> _Task to carry out_: Spot each line in the data below containing "replicate" and copy it.

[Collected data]
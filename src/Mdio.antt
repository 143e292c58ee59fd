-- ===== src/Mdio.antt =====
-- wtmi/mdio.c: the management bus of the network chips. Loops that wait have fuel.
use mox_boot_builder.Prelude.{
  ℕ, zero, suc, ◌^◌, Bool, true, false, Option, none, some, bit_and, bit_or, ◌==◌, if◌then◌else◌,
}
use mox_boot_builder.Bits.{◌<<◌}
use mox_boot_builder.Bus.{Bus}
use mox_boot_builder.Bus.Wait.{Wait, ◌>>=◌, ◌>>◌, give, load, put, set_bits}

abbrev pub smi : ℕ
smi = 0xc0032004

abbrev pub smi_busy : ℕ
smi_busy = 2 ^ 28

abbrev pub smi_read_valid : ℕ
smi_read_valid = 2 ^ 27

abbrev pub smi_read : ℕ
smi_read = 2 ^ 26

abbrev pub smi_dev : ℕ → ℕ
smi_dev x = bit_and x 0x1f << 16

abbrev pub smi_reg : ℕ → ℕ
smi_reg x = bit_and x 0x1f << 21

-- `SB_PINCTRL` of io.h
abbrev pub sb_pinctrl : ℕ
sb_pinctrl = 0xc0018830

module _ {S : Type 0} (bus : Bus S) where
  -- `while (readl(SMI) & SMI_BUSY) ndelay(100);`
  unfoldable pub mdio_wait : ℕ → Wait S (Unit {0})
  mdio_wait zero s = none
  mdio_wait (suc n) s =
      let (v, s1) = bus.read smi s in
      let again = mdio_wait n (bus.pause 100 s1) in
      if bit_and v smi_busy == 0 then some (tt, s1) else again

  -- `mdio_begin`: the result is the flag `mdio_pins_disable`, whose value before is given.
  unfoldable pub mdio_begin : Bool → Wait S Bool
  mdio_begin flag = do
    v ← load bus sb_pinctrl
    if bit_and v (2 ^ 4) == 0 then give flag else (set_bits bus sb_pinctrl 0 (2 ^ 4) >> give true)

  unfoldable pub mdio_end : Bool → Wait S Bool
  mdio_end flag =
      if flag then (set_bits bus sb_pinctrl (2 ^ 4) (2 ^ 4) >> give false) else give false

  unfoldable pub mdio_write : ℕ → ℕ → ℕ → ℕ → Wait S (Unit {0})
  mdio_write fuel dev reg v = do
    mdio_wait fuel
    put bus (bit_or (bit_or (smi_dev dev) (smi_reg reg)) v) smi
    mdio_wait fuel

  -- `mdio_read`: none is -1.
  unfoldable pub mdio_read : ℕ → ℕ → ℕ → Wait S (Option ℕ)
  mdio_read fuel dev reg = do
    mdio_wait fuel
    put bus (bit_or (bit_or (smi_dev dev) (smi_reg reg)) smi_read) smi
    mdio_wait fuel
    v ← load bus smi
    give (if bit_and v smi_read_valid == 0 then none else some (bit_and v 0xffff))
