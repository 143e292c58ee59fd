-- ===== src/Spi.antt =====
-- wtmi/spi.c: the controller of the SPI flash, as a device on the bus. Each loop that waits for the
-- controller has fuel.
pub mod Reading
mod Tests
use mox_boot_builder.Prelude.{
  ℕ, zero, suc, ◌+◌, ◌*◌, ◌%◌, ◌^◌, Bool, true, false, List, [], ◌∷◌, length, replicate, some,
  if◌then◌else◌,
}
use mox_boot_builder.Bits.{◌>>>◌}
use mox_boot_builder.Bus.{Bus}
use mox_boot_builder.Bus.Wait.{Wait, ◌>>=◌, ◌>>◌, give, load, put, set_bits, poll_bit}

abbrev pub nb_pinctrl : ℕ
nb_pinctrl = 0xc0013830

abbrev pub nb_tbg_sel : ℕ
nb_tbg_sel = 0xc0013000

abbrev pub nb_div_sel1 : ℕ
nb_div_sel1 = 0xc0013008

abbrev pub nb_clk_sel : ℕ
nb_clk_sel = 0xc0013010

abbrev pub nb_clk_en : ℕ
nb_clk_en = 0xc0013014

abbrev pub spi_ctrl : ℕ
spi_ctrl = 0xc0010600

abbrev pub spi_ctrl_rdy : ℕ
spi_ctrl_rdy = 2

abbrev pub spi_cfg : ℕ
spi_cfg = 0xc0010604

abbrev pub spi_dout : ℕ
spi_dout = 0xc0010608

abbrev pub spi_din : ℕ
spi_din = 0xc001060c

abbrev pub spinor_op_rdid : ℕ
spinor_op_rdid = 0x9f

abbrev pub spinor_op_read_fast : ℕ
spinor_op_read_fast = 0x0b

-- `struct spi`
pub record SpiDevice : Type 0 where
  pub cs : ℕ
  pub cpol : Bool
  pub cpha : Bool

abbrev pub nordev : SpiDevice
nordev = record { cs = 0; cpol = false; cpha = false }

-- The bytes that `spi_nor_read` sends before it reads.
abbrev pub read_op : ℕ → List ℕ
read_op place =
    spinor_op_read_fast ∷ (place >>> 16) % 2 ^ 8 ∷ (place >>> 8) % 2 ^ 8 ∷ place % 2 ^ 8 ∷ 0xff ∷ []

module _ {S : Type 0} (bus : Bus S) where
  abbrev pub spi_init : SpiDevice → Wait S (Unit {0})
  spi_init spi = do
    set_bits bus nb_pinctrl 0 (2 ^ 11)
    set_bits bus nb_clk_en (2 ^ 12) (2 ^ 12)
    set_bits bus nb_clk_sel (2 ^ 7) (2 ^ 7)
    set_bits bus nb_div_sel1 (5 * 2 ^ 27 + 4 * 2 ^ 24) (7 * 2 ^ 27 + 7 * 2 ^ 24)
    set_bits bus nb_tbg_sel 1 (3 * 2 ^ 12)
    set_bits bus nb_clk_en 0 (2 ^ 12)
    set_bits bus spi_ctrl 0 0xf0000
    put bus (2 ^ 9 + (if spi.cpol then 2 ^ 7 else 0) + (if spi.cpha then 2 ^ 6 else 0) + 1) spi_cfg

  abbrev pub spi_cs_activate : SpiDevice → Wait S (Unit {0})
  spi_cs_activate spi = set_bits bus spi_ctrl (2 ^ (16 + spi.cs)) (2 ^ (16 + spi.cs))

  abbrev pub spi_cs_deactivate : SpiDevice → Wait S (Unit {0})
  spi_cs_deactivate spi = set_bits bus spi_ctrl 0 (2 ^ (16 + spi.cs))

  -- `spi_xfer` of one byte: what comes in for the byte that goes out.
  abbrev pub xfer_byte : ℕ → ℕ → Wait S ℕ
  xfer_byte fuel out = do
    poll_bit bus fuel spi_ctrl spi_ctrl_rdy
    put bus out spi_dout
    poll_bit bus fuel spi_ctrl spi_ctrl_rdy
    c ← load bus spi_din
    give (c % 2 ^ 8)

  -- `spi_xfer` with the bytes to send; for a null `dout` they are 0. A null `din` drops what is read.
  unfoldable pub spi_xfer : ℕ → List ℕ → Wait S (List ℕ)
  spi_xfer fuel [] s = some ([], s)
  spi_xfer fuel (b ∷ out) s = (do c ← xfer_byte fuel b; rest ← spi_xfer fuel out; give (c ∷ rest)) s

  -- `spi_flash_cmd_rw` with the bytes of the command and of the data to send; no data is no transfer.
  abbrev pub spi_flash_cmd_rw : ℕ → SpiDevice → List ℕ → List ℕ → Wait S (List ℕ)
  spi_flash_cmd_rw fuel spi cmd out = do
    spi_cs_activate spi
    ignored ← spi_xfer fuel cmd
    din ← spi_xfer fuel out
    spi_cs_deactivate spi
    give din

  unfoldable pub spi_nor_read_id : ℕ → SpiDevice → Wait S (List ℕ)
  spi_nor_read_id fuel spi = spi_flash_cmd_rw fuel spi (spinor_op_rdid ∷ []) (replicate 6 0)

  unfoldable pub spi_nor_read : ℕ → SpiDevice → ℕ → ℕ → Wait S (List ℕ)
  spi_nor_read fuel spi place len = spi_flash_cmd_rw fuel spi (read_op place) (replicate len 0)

> _Result below_:
  ℕ, zero, suc, ◌+◌, ◌*◌, ◌%◌, ◌^◌, Bool, true, false, List, [], ◌∷◌, length, replicate, some,
  spi_nor_read_id fuel spi = spi_flash_cmd_rw fuel spi (spinor_op_rdid ∷ []) (replicate 6 0)
  spi_nor_read fuel spi place len = spi_flash_cmd_rw fuel spi (read_op place) (replicate len 0)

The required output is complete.